Inside the pilot's throne, Zaki Kimeza's knuckles were white, his grip on the control sticks locked with a intensity that threatened to snap the grips. Beside him, in the weapon operator's station, Maki Kimeza was a flurry of motion. Her fingers danced across the haptic interface, her eyes darting between the real-time threat telemetry and the targeting reticles painting the enemy Pioneers. As one, they tapped their ears, slotting in the sub-dermal communication buds that connected them to their mother's private frequency.
"White Bird, report status!" Airi Kimeza's voice cut through the static, crisp and cold as an arctic wind. She was hidden somewhere in the city, the architect of their operation, the silent hand guiding their every move.
Zaki felt the heavy vibrations of the Mobile Suit beneath his feet—a machine that felt more like a living extension of his own nervous system than a vessel of cold steel. "Status nominal, Mom," Zaki replied, his voice strained but steady. "Pioneer One is neutralized. Its propulsion systems are slagged."
"Good. Don't get comfortable," Airi countered, her tone shifting to one of clinical urgency. "We have multiple contacts. Three teams, each consisting of three Pioneers. You've only dealt with one. That's eight left on the field. You are outnumbered, and the situation is precarious."
She paused, the weight of her next order heavy on the line. "Listen to me, Zaki, Maki. That city? It's a Colony asset. If we turn this sector into a slaughterhouse, we lose the moral high ground, and we risk the lives of every citizen in Neo-Veridia. I am placing a hard restriction on your engagement parameters. The Beam Rifle and all heavy particle ordnance are locked. You are strictly forbidden from using them unless we are staring down total annihilation."
Zaki felt a cold prickle of sweat run down his neck. "No high-particle weapons? Mom, we're up against eight squads—"
"I am aware of the math, Zaki," Airi cut him off, her voice dropping into a register that brook no argument. "More importantly: DO NOT KILL THEIR PILOTS. The Pioneer's cockpit architecture is flawed; the pilot sits in the chest cavity, not the head. If you aim for center mass, you commit murder. Aim for the joint actuators, the sensory arrays, the weapon hands. Cripple them, don't execute them. We fight for the liberation of the people, not to become the butchers they claim we are. Do you understand?"
Zaki shared a glance with Maki. Their twin-bond, a psychic echo that they had nurtured since childhood, flared between them—a silent consensus of grim determination.
"Understood, Mom," Zaki said, his jaw set. "Vulcans and Beam Sabers only. We'll disable them."
"Understood!" Maki chirped, her voice masking the terror with an infectious enthusiasm that Zaki knew was just as much of a shield as the Gundam's armor.

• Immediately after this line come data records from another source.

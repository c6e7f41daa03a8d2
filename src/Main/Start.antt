-- ===== src/Main/Start.antt =====
-- src/main.c: the jobs that `main` schedules for the sections of the configuration.
use righack.Base.{
  Text, Option, ℕ, zero, suc, ◌+◌, ◌<◌, ◌≡◌, refl, ◌≢◌, ap, ◌∙◌, sym, Bool, true, false, none, some,
  [], ◌∷◌, ◌++◌, arith, inl, inr, Option-cases, length, if◌then◌else◌,
}
use mathlib.Core.List.{append_assoc, append-nil}
use mathlib.Core.Path.{subst}
use righack.Configfile.{configfile_get_section_name}
use righack.Configfile.Buffer.{guard_loaded}
use righack.External.{Uv, Toml, Os, Rig}
use righack.Machine.{World, ok}
use righack.Machine.Access.{alloc-IsHeap}
use righack.Machine.Memory.{write, alloc}
use righack.Machine.Objects.{Ptr, start_module_handler, Object, struct_text}
use righack.Main.{schedule_section, schedule_sections}
use righack.Runloop.Later.Chain.{Slot, Slots, Waiting, Chain-write, gone-Avoids}
use righack.Runloop.Later.Schedule.{new_slot, runloop_run_later-Waiting}
use righack.Machine.Extends.{Extends-alloc, Extends, is_fixed, KeepsIf}

-- Each job is to be run and to start a module, and its argument is a copy of the name of a section,
-- of the `i`th for the first job, and so on.
abbrev pub AreStarts : {X : Type 0} → Toml X → X → Ptr → (Ptr → Option Object) → ℕ → Slots → Type 0
AreStarts toml x root h i [] = Unit
AreStarts toml x root h i (s ∷ ss) =
    (s.job.cb ≡ start_module_handler)
    × (s.job.should_run ≡ true)
    × ((n : Text) × (toml.key_in x root i ≡ some n) × (h s.job.context ≡ some (struct_text n)))
    × AreStarts toml x root h (i + 1) ss

AreStarts-same :
    {X : Type 0} (toml : Toml X) (x x' : X) (root root' : Ptr) (h : Ptr → Option Object) (i : ℕ)
    (ss : Slots)
    → ((k : ℕ) → toml.key_in x' root' k ≡ toml.key_in x root k)
    → AreStarts toml x' root' h i ss
    → AreStarts toml x root h i ss
AreStarts-same toml x x' root root' h i [] same a = tt
AreStarts-same toml x x' root root' h i (s ∷ ss) same (cb, run, (n, e, held), rest) = (
  cb,
  run,
  (n, sym (same i) ∙ e, held),
  AreStarts-same toml x x' root root' h (i + 1) ss same rest,
)

plus_zero : (i : ℕ) → i + 0 ≡ i
plus_zero i = omega arith

plus_suc : (i k : ℕ) → i + suc k ≡ i + 1 + k
plus_suc i k = omega arith

module _ {X : Type 0} where
  -- The state with a copy of a text in a fresh block.
  abbrev copied : World X → Object → World X
  copied w o = record w { cell = write w.cell w.next (some o); next = w.next + 1 }

  copied-Waiting : (w : World X) (ss : Slots) (o : Object) → Waiting w ss → Waiting (copied w o) ss
  copied-Waiting w ss o wt = record {
    formed = alloc-IsHeap w.cell w.next o wt.formed;
    chain =
        Chain-write w.cell w.next (some o) ss wt.chain
          (gone-Avoids w.cell w.next ss wt.chain (wt.formed.rest_empty w.next (omega arith)));
    distinct = wt.distinct;
    tail = wt.tail;
  }

module _ {X : Type 0} ⦃uv : Uv X⦄ ⦃os : Os X⦄ ⦃toml : Toml X⦄ ⦃rig : Rig X⦄
    (start_law : (h : Ptr) (x : X) (root : Ptr) (i : ℕ)
      → toml.key_in (uv.prepare_start h x) root i ≡ toml.key_in x root i) where
  kept :
      (b : Bool) (h : Ptr) (x : X) (root : Ptr) (i : ℕ)
      → toml.key_in (if b then x else uv.prepare_start h x) root i ≡ toml.key_in x root i
  kept true h x root i = refl
  kept false h x root i = start_law h x root i

  section_Waiting :
      (i : ℕ) (w : World X) (ss : Slots)
      → Waiting w ss
      → w.toml_root ≢ 0
      → toml.key_in w.ext w.toml_root i ≢ none
      → (w' : World X) × (s : Slot) × (schedule_section i w ≡ ok tt w')
        × Waiting w' (ss ++ s ∷ [])
        × (s.job.cb ≡ start_module_handler)
        × (s.job.should_run ≡ true)
        × ((n : Text) × (toml.key_in w.ext w.toml_root i ≡ some n)
            × (w'.cell s.job.context ≡ some (struct_text n)))
        × KeepsIf is_fixed w.cell w'.cell
        × (w'.toml_root ≡ w.toml_root)
        × ((k : ℕ) → toml.key_in w'.ext w.toml_root k ≡ toml.key_in w.ext w.toml_root k)
  unfolding schedule_section configfile_get_section_name alloc
  section_Waiting i w ss wt root listed = elim (Option-cases (toml.key_in w.ext w.toml_root i)) [
    | inl e ↦ absurd (listed e)
    | inr (n, e) ↦
        let w1 : World X = copied w (struct_text n) in
        let old : Extends is_fixed w w1 =
          Extends-alloc is_fixed w (struct_text n) w.ext wt.formed in
        let (w', later, wt', x, _, ext, _) =
          runloop_run_later-Waiting start_module_handler w.next w1 ss
            (copied-Waiting w ss (struct_text n) wt) in
        (
          w',
          new_slot w1 start_module_handler w.next,
          rw (guard_loaded w root, e, later),
          wt',
          refl,
          refl,
          (n, e, ext.kept w.next (struct_text n) (ground arith) refl),
          (λ q o held fixed. ext.kept q o (old.kept q o held fixed) fixed),
          ext.same_root,
          λ k.
              ap (λ y. toml.key_in y w.toml_root k) x
              ∙ kept w.run_once_prepare_started w.run_once_prepare w.ext w.toml_root k,
        )
  ]

  -- For `n` sections from `i` on, which the configuration lists, `main` schedules `n` jobs behind
  -- those that wait, each to be run and to start a module, with a copy of the name of its own section
  -- as the argument, in the order of the configuration; all blocks but entries of the queue stay.
  -- Libuv's start of the prepare handle is taken to leave the configuration alone.
  pub schedule_sections-Waiting :
      (n i : ℕ) (w : World X) (ss : Slots)
      → Waiting w ss
      → w.toml_root ≢ 0
      → ((k : ℕ) → k < n → toml.key_in w.ext w.toml_root (i + k) ≢ none)
      → (w' : World X) × (new : Slots) × (schedule_sections n i w ≡ ok tt w')
        × Waiting w' (ss ++ new)
        × AreStarts toml w.ext w.toml_root w'.cell i new
        × (length new ≡ n)
        × KeepsIf is_fixed w.cell w'.cell
  unfolding schedule_sections
  schedule_sections-Waiting zero i w ss wt root listed =
      (w, [], refl, rw append-nil wt, tt, refl, λ q o held fixed. held)
  schedule_sections-Waiting (suc n) i w ss wt root listed =
      let now : toml.key_in w.ext w.toml_root i ≢ none =
        subst (λ j. toml.key_in w.ext w.toml_root j ≢ none) (plus_zero i)
          (listed 0 (omega arith)) in
      let (w1, s, ran, wt1, starts, run, (name, e, held), kept1, r, same) =
        section_Waiting i w ss wt root now in
      let later : (k : ℕ) → k < n → toml.key_in w1.ext w1.toml_root (i + 1 + k) ≢ none = λ k lt e.
        listed (suc k) (omega (arith, lt)) (
          ap (λ j. toml.key_in w.ext w.toml_root j) (plus_suc i k)
          ∙ sym (same (i + 1 + k))
          ∙ ap (λ q. toml.key_in w1.ext q (i + 1 + k)) (sym r)
          ∙ e) in
      let (w2, new, rest, wt2, all, len, kept2) =
        schedule_sections-Waiting n (i + 1) w1 (ss ++ s ∷ []) wt1 (λ e. root (sym r ∙ e)) later in
      (
        w2,
        s ∷ new,
        rw ran rest,
        subst (λ l. Waiting w2 l) (append_assoc ss (s ∷ []) new) wt2,
        (
          starts,
          run,
          (name, e, kept2 s.job.context (struct_text name) held refl),
          AreStarts-same toml w.ext w1.ext w.toml_root w1.toml_root w2.cell (i + 1) new
              (λ k. ap (λ q. toml.key_in w1.ext q k) r ∙ same k) all,
        ),
        omega (arith, len),
        λ q o held fixed. kept2 q o (kept1 q o held fixed) fixed,
      )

Zaki reached down and slammed the power pedal to the floor. The hidden particle engine—a piece of technology decades ahead of anything the Pioneer units possessed—roared to life with a high-pitched, harmonic whine. It wasn't the clunky, combustion-heavy roar of an old engine; it was the sound of a star being tamed. The White Gundam didn't just stand; it surged, antigravity plates humming as the machine lifted from the street, defying the laws of gravity. Zaki engaged the thrusters, and with a thunderous BOOM that shattered the remaining windows of the nearby school, the machine rocketed upward, leaving a dense, dissipating plume of smoke in its wake.
Down on the deserted street, huddled behind the remnants of a rusted perimeter fence, Aurora Anveil watched the scene with wide, unblinking eyes. Her breath hitched in her throat. The sight of the white machine hovering in defiance of physics struck something deep within her—a dormant instinct, a memory she couldn't quite name. Without a conscious thought, her body moved. She scrambled onto an old electric scooter, the wheels skidding on the loose gravel, and twisted the throttle. She didn't head for safety. She sped toward the city center, drawn by a gravity she couldn't escape, chasing the White Gundam like a moth to a blinding, lethal flame.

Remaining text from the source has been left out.